Single by PinkPantheress

from the album To Hell with It
- Released: 1 July 2021
- Genre: Jungle; alternative pop;
- Length: 2:18
- Label: Parlophone; Elektra;
- Songwriters: PinkPantheress; Izzy Cofie; Joshua Gaskin-Brown;
- Producers: Izco; Jkarri;

PinkPantheress singles chronology
| "Pain" (2021) | "Passion" (2021) | "Just for Me" (2021) |

= Passion (PinkPantheress song) =

"Passion" is a song by British singer-songwriter PinkPantheress. Written alongside producers Izco and Jkarri, it was released on 1 July 2021 through Elektra and Parlophone Records as the third single off her debut mixtape To Hell with It. Backed by plucked guitar and synths, it is a jungle and alternative pop song with confessional lyrics. It received praise from critics, and peaked at number 76 on the UK Singles Chart, as well as at number 30 on the Billboard Hot Rock & Alternative Songs chart.

==Background and composition==
A snippet of "Passion" was posted to PinkPantheress's TikTok account before the full song was released. "Passion" was produced by IZCO and Jkarri, and released through Parlophone Records on 1 July 2021. It runs for two minutes and 18 seconds, and begins with a finger-picked acoustic guitar, and is then backed by synths and a jungle breakbeat, the latter of which begins in the first chorus. The song also has influences of R&B. On it, PinkPantheress sings in an "airy", "whisper-like" tone about the "intimate details of her life", including being abandoned by her friends and family and looking for somewhere to stay the night. She described the undertones of the song as "fairly sad".

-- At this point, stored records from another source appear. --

-- ===== src/Tests/Sinks.antt =====
-- Inputs for the components that watch sound and backlights.
use slstatus.Prelude.{◌⊎◌, ℕ, ◌+◌, ◌≡◌, refl, true, false, [], none, some}
use slstatus.Prelude.Int.{pos}
use slstatus.Prelude.Text.{Text, lit, text_eq}
use slstatus.Util.{kill}
use slstatus.Bar.{sigrtmin}
use slstatus.Pool.{empty, insert, find_by}
use slstatus.Pool.Find.{IsLinked, IsLinked-empty}
use slstatus.Pa
use slstatus.Pa.Sink.{pa_find_by_sink-default}
use slstatus.Pa.Named.{pa_find_by_sink-named}
use slstatus.Pa.Info.{pa_sink_info_callback_lem, IsSame, filled}
use slstatus.Pa.Init.{Answers, pa_init, pa_init_lem}
use slstatus.Backlight
use slstatus.Tests.{whole_numbers, quiet_world, list_queue}

abbrev silent : Pa.Pa list_queue
silent = record { pool = empty list_queue; default_sink = none; requests = []; accepts = true }

pa_find_by_sink-default_example :
    (p : ℕ) × (s' : Pa.Pa list_queue) × (Pa.pa_find_by_sink list_queue none silent ≡ some (p, s'))
    × (Pa.pa_find_by_sink list_queue none s' ≡ some (p, s'))
    × IsLinked list_queue s'.pool
    × (s'.accepts ≡ true)
pa_find_by_sink-default_example =
    pa_find_by_sink-default list_queue silent (IsLinked-empty list_queue) refl

abbrev speakers : Pa.Entry
speakers = record {
  sink = none;
  name = none;
  description = none;
  index = 0;
  volume = pos 0;
  mute = pos 0;
}

abbrev half : Pa.SinkInfo
half = record {
  index = 3;
  volume = 32768;
  mute = pos 0;
  name = lit "alsa_output";
  description = lit "Speakers";
}

abbrev one_sink : Pa.Pa list_queue
one_sink = record silent { pool = insert list_queue speakers (empty list_queue) }

speakers_cell : one_sink.pool.cells 0 ≡ some speakers
unfolding insert empty
speakers_cell = refl

pa_sink_info_callback_lem_example :
    let r =
      Pa.pa_sink_info_callback list_queue whole_numbers
        (some half)
        (pos 0)
        0
        one_sink
        quiet_world in
    let again =
      Pa.pa_sink_info_callback list_queue whole_numbers (some half) (pos 0) 0 r.0 quiet_world in
    (r.0.pool.cells 0 ≡ some (filled whole_numbers list_queue half 0 speakers))
    × ((IsSame whole_numbers list_queue half 0 speakers × (r.1 ≡ quiet_world))
        ⊎ ((¬ IsSame whole_numbers list_queue half 0 speakers)
            × (r.1 ≡ kill (sigrtmin + Pa.pa_signal) quiet_world)))
    × (again.0.pool.cells 0 ≡ some (filled whole_numbers list_queue half 0 speakers))
    × (again.1 ≡ quiet_world)
pa_sink_info_callback_lem_example =
    pa_sink_info_callback_lem whole_numbers list_queue half 0 speakers one_sink quiet_world
      quiet_world speakers_cell

abbrev refused : Answers
refused = record {
  loop_new = true;
  context_new = true;
  connect = pos 0;
  start = pos 0;
  ready = false;
}

pa_init_lem_example :
    ((pa_init refused).locked ≡ false)
    × ((pa_init refused).pa_loop ≡ false)
    × ((pa_init refused).pa_ctx ≡ false)
    × ((pa_init refused).running ≡ false)
    × ((pa_init refused).loops ≡ 0)
    × ((pa_init refused).contexts ≡ 0)
pa_init_lem_example = pa_init_lem refused

abbrev panel : Backlight.Device
panel = record {
  sysname = lit "intel_backlight";
  brightness = lit "300";
  max_brightness = lit "400";
}

abbrev dim : Backlight.Entry
dim = record { name = lit "intel_backlight"; brightness = pos 20 }

abbrev one_panel : Backlight.Backlight whole_numbers list_queue
one_panel = record { pool = insert list_queue dim (empty list_queue); udev = none }

panel_found : find_by list_queue (λ e. text_eq e.name panel.sysname) one_panel.pool ≡ some 0
unfolding find_by insert empty lit
panel_found = refl

dim_cell : one_panel.pool.cells 0 ≡ some dim
unfolding insert empty
dim_cell = refl

pa_find_by_sink-named_example :
    (p : ℕ) × (s' : Pa.Pa list_queue) × (Pa.pa_find_by_sink list_queue none silent ≡ some (p, s'))
    × ((name : Text) → Pa.pa_find_by_sink list_queue (some name) s' ≡ none)
unfolding empty
pa_find_by_sink-named_example = pa_find_by_sink-named list_queue silent refl refl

Cat Zhang of Pitchfork described PinkPantheress as sounding "listless", "misunderstood", and "slightly dazed, tiptoeing gently through reality" on the song. Beats Per Minute called "Passion" PinkPantheress's "most confessional track yet", noting her "sing-song insouciance" on the song, while NMEs Isaac Chiew wrote that the song "paints a haunting portrait of loneliness". The visualizer and single cover for the song is of the default wallpaper for Windows XP.

==Critical reception and commercial performance==
Vanessa Handy of NPR remarked that, on "Passion", PinkPantheress "rises above her past" and "cross[es] into a new dimension with the complex, futuristic sound she's embraced". NMEs Isaac Chiew wrote that "Passion" "cements [PinkPantheress's] versatility as a songwriter", with Pitchforks Cat Zhang calling "Passion" "angelic" and "another lovely release" from PinkPantheress. Robin Murray of Clash described it as "a drifting slice of imperious alt-pop" with a "patient sense of introversion" on which PinkPantheress "us[es] both inner and outer space to her advantage".

"Passion" peaked at number 73 on the UK Singles Chart. It also peaked at number 30 on Billboards Hot Rock & Alternative Songs chart.

==Charts==

Chart performance for "Passion"
| Chart (2021) | Peak position |
|---|---|
| UK Singles (OCC) | 73 |
| US Hot Rock & Alternative Songs (Billboard) | 30 |

==Certifications==

Certifications for "Passion"
| Region | Certification | Certified units/sales |
| New Zealand (RMNZ) | Gold | 15,000^{‡} |
| United Kingdom (BPI) | Silver | 200,000^{‡} |
^{‡} Sales+streaming figures based on certification alone.